The U.K. military is working on a new drone that is completely powered by solar energy. A Daily Star article reported that the new electric aircraft recharges its batteries during the day so it can keep flying at night, allowing it to fly nonstop for an entire year before finally landing for maintenance.
The PHASA-35 unmanned aerial vehicle (UAV) will be developed by BAE Systems, a major U.K. defense company, and its partner company Prismatic. Its mission is to deliver important communications to isolated locations.
Capable of flying at twice the altitude of a civilian jetliner, PHASA-35 will reportedly advance beyond-line-of-sight communications for the U.K. military. The first drone is expected to start flight tests in 2019.

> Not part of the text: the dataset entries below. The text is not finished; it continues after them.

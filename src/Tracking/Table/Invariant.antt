-- ===== src/Tracking/Table/Invariant.antt =====
-- The invariant of a track table (perception/tracking/table.py), and that its methods keep it.
use unityworks_vision_ai_bac.Prelude.{
  ℕ, ◌+◌, ◌≤◌, ◌<◌, ◌≡◌, refl, inl, inr, String, Bool, true, false, List, [], ◌∷◌, ◌++◌, length,
  length-append, All, arith, leb, if◌then◌else◌, ok, Returns, Option-cases,
}
use unityworks_vision_ai_bac.Tracking.Record.{TrackId, TrackRecord, new_record}
use unityworks_vision_ai_bac.Tracking.Table.{
  TrackTable, init, has_record, find_record, was_retired, put_record, next_id, create, remove,
  weakest, evict_from, evict_weakest, reset,
}
use unityworks_vision_ai_bac.Tracking.Table.Records.{
  Issued, Ascending, Issued-grow, Issued-records-grow, has_record-fresh, put_record-fresh, All-snoc,
  Ascending-snoc, All-pop, Ascending-pop, length-pop-le, has_record-pop_self, gone-pop, find-Issued,
  has_record-snoc,
}

-- The table is within its bound, its ids were issued in this epoch and rise in the order of insertion,
-- and no retired id is on a record.
pub record IsValid (t : TrackTable) : Type 0 where
  pub positive : 0 < t.max_tracks
  pub bounded : length t.records ≤ t.max_tracks
  pub issued : All (λ r. Issued t.camera_id t.epoch t.next_local_id r.track_id) t.records
  pub ascending : Ascending 0 t.records
  pub retired_issued : All (Issued t.camera_id t.epoch t.next_local_id) t.retired
  pub retired_gone : All (λ i. has_record i t.records ≡ false) t.retired

pub init-IsValid : (c : String) (e m h : ℕ) {t : TrackTable} → init c e m h ≡ ok t → IsValid t
unfolding init
init-IsValid c e m h q = ground arith

pub reset-IsValid : (t : TrackTable) (e : ℕ) → IsValid t → IsValid (reset t e).0
unfolding reset
reset-IsValid t e v = ground arith

-- A new record beside the others: the retired ids stay off the records.
gone-snoc :
    (c : String) (e n : ℕ) (rs : List TrackRecord) (r : TrackRecord) (is : List TrackId)
    → r.track_id.local_id ≡ n
    → All (Issued c e n) is
    → All (λ i. has_record i rs ≡ false) is
    → All (λ i. has_record i (rs ++ r ∷ []) ≡ false) is
gone-snoc c e n rs r [] q a h = tt
gone-snoc c e n rs r (i ∷ is) q a h =
    (has_record-snoc i rs r h.0 (ground arith), gone-snoc c e n rs r is q a.1 h.1)

pub next-fresh : (t : TrackTable) → IsValid t → has_record (next_id t) t.records ≡ false
next-fresh t v =
    has_record-fresh t.camera_id t.epoch t.next_local_id t.records (next_id t) (omega arith)
      v.issued

pub room : (m n : ℕ) → n < m → leb m n ≡ false
room m n h = ground arith

pub create-IsValid :
    (t : TrackTable) (now : ℕ)
    → IsValid t
    → length t.records < t.max_tracks
    → Returns (create t now) (λ out.
      IsValid out.0
      × (out.0.records ≡ t.records ++ out.1 ∷ [])
      × (out.1.track_id ≡ next_id t)
      × (out.0.next_local_id ≡ t.next_local_id + 1))
unfolding create
create-IsValid t now v h =
    let rec = new_record (next_id t) now in
    let fresh : put_record rec t.records ≡ t.records ++ rec ∷ [] =
      put_record-fresh rec t.records (next-fresh t v) in
    rw (room t.max_tracks (length t.records) h, fresh)
      (
        record {
          positive = v.positive;
          bounded = omega (arith, length-append t.records (rec ∷ []));
          issued =
              All-snoc _ t.records rec
                (Issued-records-grow t.camera_id t.epoch t.next_local_id t.records v.issued)
                (refl, refl, omega arith);
          ascending =
              Ascending-snoc t.camera_id t.epoch t.next_local_id 0 t.records rec v.ascending
                v.issued (omega arith) refl;
          retired_issued =
              Issued-grow t.camera_id t.epoch t.next_local_id t.retired v.retired_issued;
          retired_gone =
              gone-snoc t.camera_id t.epoch t.next_local_id t.records rec t.retired refl
                v.retired_issued v.retired_gone;
        },
        refl,
        refl,
        refl,
      )

All-if {ℓ κ} :
    {A : Type ℓ} (P : A → Type κ) (b : Bool) (xs : List A) (x : A)
    → All P xs
    → P x
    → All P (if b then xs else x ∷ xs)
All-if P true xs x h p = h
All-if P false xs x h p = (p, h)

pub remove-IsValid : (t : TrackTable) (i : TrackId) → IsValid t → IsValid (remove t i).0
unfolding remove
remove-IsValid t i v = elim (Option-cases (find_record i t.records)) [
  | inl e ↦ rw (e, remove) v
  | inr (r, e) ↦
      rw (e, remove)
        (record {
          positive = v.positive;
          bounded = omega (arith, length-pop-le i t.records);
          issued = All-pop _ i t.records v.issued;
          ascending = Ascending-pop 0 i t.records v.ascending;
          retired_issued =
              All-if _ (was_retired t i) t.retired i v.retired_issued
                (find-Issued t.camera_id t.epoch t.next_local_id i t.records r v.issued e);
          retired_gone =
              All-if _ (was_retired t i) t.retired i (gone-pop i t.records t.retired v.retired_gone)
                (has_record-pop_self i 0 t.records v.ascending);
        })
]

pub evict-IsValid : (t : TrackTable) → IsValid t → IsValid (evict_weakest t).0
unfolding evict_weakest
evict-IsValid t v = go t.records
  where
    go : (rs : List TrackRecord) → IsValid (evict_from t rs).0
    go [] = v
    go (r ∷ rs) = remove-IsValid t (weakest r rs).track_id v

“It’s great to have the support of a world-leading technology company like BAE Systems,” said Paul Brooks, the founder of Prismatic, who serves as the company’s managing director. (Related: Leveraging new tech for conservation: Drones help researchers track sea turtles, gather data.)
New U.K. drone can keep flying for a whole year on solar power
During the joint announcement, BAE engineers explained that High Altitude Low Energy (HALE) aircraft like PHASA-35 are an affordable alternative to satellite technology. A single satellite can cost hundreds of millions of dollars, it has to be boosted into space using an even more expensive rocket, and it requires significant control facilities on the ground.
In comparison, a HALE aircraft is much easier and more affordable in terms of development and deployment costs. They will be able to fulfill the same missions with fairly similar effectiveness.
PHASA is an acronym for Persistent High Altitude Solar Aircraft, while the -35 denotes its wingspan in meters. It features lithium-ion batteries and some of the lightest solar cells on the planet. The combination of renewable energy and long-lasting power storage will allow the PHASA-35 to stay airborne for as long as 12 months.
Prismatic engineers said the new drone will not be limited to military usage. It could also pull security duty for important facilities, survey large swaths of terrain, and take snapshots of the environment for scientific research.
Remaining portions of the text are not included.